[[ Provided records, beginning ]]

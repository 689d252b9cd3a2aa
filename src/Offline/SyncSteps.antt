-- ===== src/Offline/SyncSteps.antt =====
-- What each part of `performSync` does to one stored action, whatever the server and the browser answer.
use vault_drive.Base.{
  ℕ, not, ◌||◌, is_true, text_eq, option_eq, String, Option, none, some, List, [], ◌∷◌, ◌≡◌, ◌⊎◌,
  inl, inr, refl, sym, ap, ◌∙◌, subst, Outcome-cases, Bool-cases, ◌==◌, number_eq, get_elem?, suc,
}
use vault_drive.Offline.Sync.{
  SyncableOfflineAction, OfflineSyncResult, OfflineSyncOutcome, remove, keep,
  match_offline_sync_results, outcome_of, OutcomeKind, failed, conflict, unknown,
}
use vault_drive.Offline.Queue.{OfflineQueue}
use vault_drive.Offline.Dashboard.{
  SyncResponse, network_error, http_error, no_results, results, SyncEnvironment, SyncRun,
  waiting_patch, outcome_patch, mark_all, apply_outcome, apply_outcomes, send_chunk, sync_chunk,
  sync_chunks,
}
use vault_drive.Offline.Fate.{
  stored, Fate, untouched, Fate-trans, update_queue_item-Fate, remove_queue_item-Fate,
}
use vault_drive.Base.{get_elem?-map_back}

pub outcome_of-shape :
    (a : SyncableOfflineAction) (r : Option OfflineSyncResult)
    → (outcome_of a r ≡ remove a.id a.action_id)
      ⊎ ((kind : OutcomeKind) × (error : String) × (outcome_of a r
            ≡ keep a.id a.action_id kind error))
unfolding outcome_of
outcome_of-shape a none = inr (unknown, _, refl)
outcome_of-shape a (some r) = elim (Bool-cases (not (r.file_id == some a.action.file_id))) [
  | inl other ↦ rw other (inr (unknown, _, refl))
  | inr same ↦ rw same (elim (Bool-cases (is_true r.success)) [
    | inl done ↦ rw done (inl refl)
    | inr undone ↦ rw undone (elim (Bool-cases (r.code == some "outcome_unknown")) [
      | inl lost ↦ rw lost (inr (unknown, _, refl))
      | inr known ↦
          rw known (elim (Bool-cases (is_true r.conflict || r.code == some "version_conflict")) [
            | inl clash ↦ rw clash (inr (conflict, _, refl))
            | inr rejected ↦ rw rejected (inr (failed, _, refl))
          ])
    ])
  ])
]

pub SyncResponse-cases :
    (r : SyncResponse)
    → ((e : String) × (r ≡ network_error e))
      ⊎ (((status : ℕ) × (r ≡ http_error status))
          ⊎ ((r ≡ no_results) ⊎ ((rs : List OfflineSyncResult) × (r ≡ results rs))))
SyncResponse-cases (network_error e) = inl (e, refl)
SyncResponse-cases (http_error status) = inr (inl (status, refl))
SyncResponse-cases no_results = inr (inr (inl refl))
SyncResponse-cases (results rs) = inr (inr (inr (rs, refl)))

pub match_back :
    (chunk : List SyncableOfflineAction) (rs : List OfflineSyncResult) (i : ℕ)
    (o : OfflineSyncOutcome)
    → get_elem? (match_offline_sync_results chunk rs) i ≡ some o
    → (a : SyncableOfflineAction) × (r : Option OfflineSyncResult) × (get_elem? chunk i ≡ some a)
      × (o ≡ outcome_of a r)
unfolding match_offline_sync_results
match_back chunk rs i o h = let (a, ha, ho) = get_elem?-map_back _ chunk i o h in (a, _, ha, ho)

module _ (P : Type 0) (R : Type 0) where
  mark_all-Fate :
      (env : SyncEnvironment) (at : String) (k : ℕ) (chunk : List SyncableOfflineAction)
      (q : OfflineQueue)
      → ((i : ℕ) (a : SyncableOfflineAction) → get_elem? chunk i ≡ some a → a.id ≡ k → P)
      → Fate P R (stored k q) (stored k (mark_all env at chunk q).1)
  unfolding mark_all
  mark_all-Fate env at k [] q p = untouched refl
  mark_all-Fate env at k (item ∷ chunk) q p =
      Fate-trans P R _ _ _
        (update_queue_item-Fate P R (env.marking item.id) k item.id (waiting_patch at) q
          (p 0 item refl))
        (mark_all-Fate env at k chunk _ (λ i. p (suc i)))

  -- An outcome that keeps the action `k` needs `P`, one that removes it `R`.
  abbrev Concerns : ℕ → OfflineSyncOutcome → Type 0
  Concerns k (remove id action_id) = id ≡ k → R
  Concerns k (keep id action_id kind error) = id ≡ k → P

  apply_outcome-Fate :
      (env : SyncEnvironment) (at : String) (k : ℕ) (outcome : OfflineSyncOutcome) (run : SyncRun)
      → Concerns k outcome
      → Fate P R (stored k run.queue) (stored k (apply_outcome env at outcome run).1.queue)
  unfolding apply_outcome
  apply_outcome-Fate env at k (remove id action_id) run r =
      remove_queue_item-Fate P R (env.settling id) k id run.queue r
  apply_outcome-Fate env at k (keep id action_id kind error) run p =
      update_queue_item-Fate P R (env.settling id) k id (outcome_patch kind error at) run.queue p

  apply_outcomes-Fate :
      (env : SyncEnvironment) (at : String) (k : ℕ) (outcomes : List OfflineSyncOutcome)
      (run : SyncRun)
      → ((i : ℕ) (o : OfflineSyncOutcome) → get_elem? outcomes i ≡ some o → Concerns k o)
      → Fate P R (stored k run.queue) (stored k (apply_outcomes env at outcomes run).1.queue)
  unfolding apply_outcomes
  apply_outcomes-Fate env at k [] run c = untouched refl
  apply_outcomes-Fate env at k (o ∷ outcomes) run c =
      let first = apply_outcome-Fate env at k o run (c 0 o refl) in
      let rest =
        apply_outcomes-Fate env at k outcomes (apply_outcome env at o run).1 (λ i. c (suc i)) in
      elim (Outcome-cases (apply_outcome env at o run).0) [
        | inl (e, fails) ↦ rw (apply_outcomes, fails) first
        | inr (u, goes) ↦ rw (apply_outcomes, goes) (Fate-trans P R _ _ _ first rest)
      ]

  outcome_of-Concerns :
      (k : ℕ) (a : SyncableOfflineAction) (r : Option OfflineSyncResult)
      → (a.id ≡ k → P)
      → (outcome_of a r ≡ remove a.id a.action_id → a.id ≡ k → R)
      → Concerns k (outcome_of a r)
  outcome_of-Concerns k a r p q = elim (outcome_of-shape a r) [
    | inl removes ↦ rw removes (q removes)
    | inr (kind, error, keeps) ↦ rw keeps p
  ]

  send_chunk-Fate :
      (env : SyncEnvironment) (k : ℕ) (chunk : List SyncableOfflineAction) (run : SyncRun)
      → ((i : ℕ) (a : SyncableOfflineAction) → get_elem? chunk i ≡ some a → a.id ≡ k → P)
      → ((rs : List OfflineSyncResult) (i : ℕ) (a : SyncableOfflineAction)
          → env.respond chunk ≡ results rs
          → get_elem? chunk i ≡ some a
          → get_elem? (match_offline_sync_results chunk rs) i ≡ some (remove a.id a.action_id)
          → a.id ≡ k
          → R)
      → Fate P R (stored k run.queue) (stored k (send_chunk env chunk run).1.queue)
  unfolding send_chunk
  send_chunk-Fate env k chunk run p r = elim (SyncResponse-cases (env.respond chunk)) [
    | inl (e, fails) ↦ rw (send_chunk, fails) (untouched refl)
    | inr (inl (status, fails)) ↦ rw (send_chunk, fails) (untouched refl)
    | inr (inr (inl fails)) ↦ rw (send_chunk, fails) (untouched refl)
    | inr (inr (inr (rs, answered))) ↦
        rw (send_chunk, answered)
          (apply_outcomes-Fate env (env.attempted_at chunk) k (match_offline_sync_results chunk rs)
            _
            λ i o h.
              let (a, r', ha, ho) = match_back chunk rs i o h in
              subst (Concerns k) (sym ho) (
                outcome_of-Concerns k a r' (p i a ha)
                  (λ removes. r rs i a answered ha (h ∙ ap some (ho ∙ removes)))))
  ]

  -- Where `P` holds of the keys of a chunk, and `R` of those that its answer confirms.
  abbrev pub Allows : SyncEnvironment → ℕ → List SyncableOfflineAction → Type 0
  Allows env k chunk =
      ((i : ℕ) (a : SyncableOfflineAction) → get_elem? chunk i ≡ some a → a.id ≡ k → P)
      × ((rs : List OfflineSyncResult) (i : ℕ) (a : SyncableOfflineAction)
          → env.respond chunk ≡ results rs
          → get_elem? chunk i ≡ some a
          → get_elem? (match_offline_sync_results chunk rs) i ≡ some (remove a.id a.action_id)
          → a.id ≡ k
          → R)

  sync_chunk-Fate :
      (env : SyncEnvironment) (k : ℕ) (chunk : List SyncableOfflineAction) (run : SyncRun)
      → Allows env k chunk
      → Fate P R (stored k run.queue) (stored k (sync_chunk env chunk run).1.queue)
  unfolding sync_chunk
  sync_chunk-Fate env k chunk run (p, r) =
      let marked = mark_all env (env.attempted_at chunk) chunk run.queue in
      let first = mark_all-Fate env (env.attempted_at chunk) k chunk run.queue p in
      elim (Outcome-cases (mark_all env (env.attempted_at chunk) chunk run.queue).0) [
        | inl (e, fails) ↦ rw (sync_chunk, fails) first
        | inr (u, goes) ↦
            rw (sync_chunk, goes)
              (Fate-trans P R _ _ _ first
                (send_chunk-Fate env k chunk (record run { queue = marked.1 }) p r))
      ]

  pub sync_chunks-Fate :
      (env : SyncEnvironment) (k : ℕ) (chunks : List (List SyncableOfflineAction)) (run : SyncRun)
      → ((i : ℕ) (chunk : List SyncableOfflineAction)
          → get_elem? chunks i ≡ some chunk
          → Allows env k chunk)
      → Fate P R (stored k run.queue) (stored k (sync_chunks env chunks run).1.queue)
  unfolding sync_chunks
  sync_chunks-Fate env k [] run h = untouched refl
  sync_chunks-Fate env k (chunk ∷ chunks) run h =
      let first = sync_chunk-Fate env k chunk run (h 0 chunk refl) in
      let rest = sync_chunks-Fate env k chunks (sync_chunk env chunk run).1 (λ i. h (suc i)) in
      elim (Outcome-cases (sync_chunk env chunk run).0) [
        | inl (e, fails) ↦ rw (sync_chunks, fails) first
        | inr (u, goes) ↦ rw (sync_chunks, goes) (Fate-trans P R _ _ _ first rest)
      ]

[[ Provided records, end ]]

Report every line of the records that contains the word "SyncResponse".

■ **Solution to this task**
  SyncResponse, network_error, http_error, no_results, results, SyncEnvironment, SyncRun,
pub SyncResponse-cases :
    (r : SyncResponse)
SyncResponse-cases (network_error e) = inl (e, refl)
SyncResponse-cases (http_error status) = inr (inl (status, refl))
SyncResponse-cases no_results = inr (inr (inl refl))
SyncResponse-cases (results rs) = inr (inr (inr (rs, refl)))
  send_chunk-Fate env k chunk run p r = elim (SyncResponse-cases (env.respond chunk)) [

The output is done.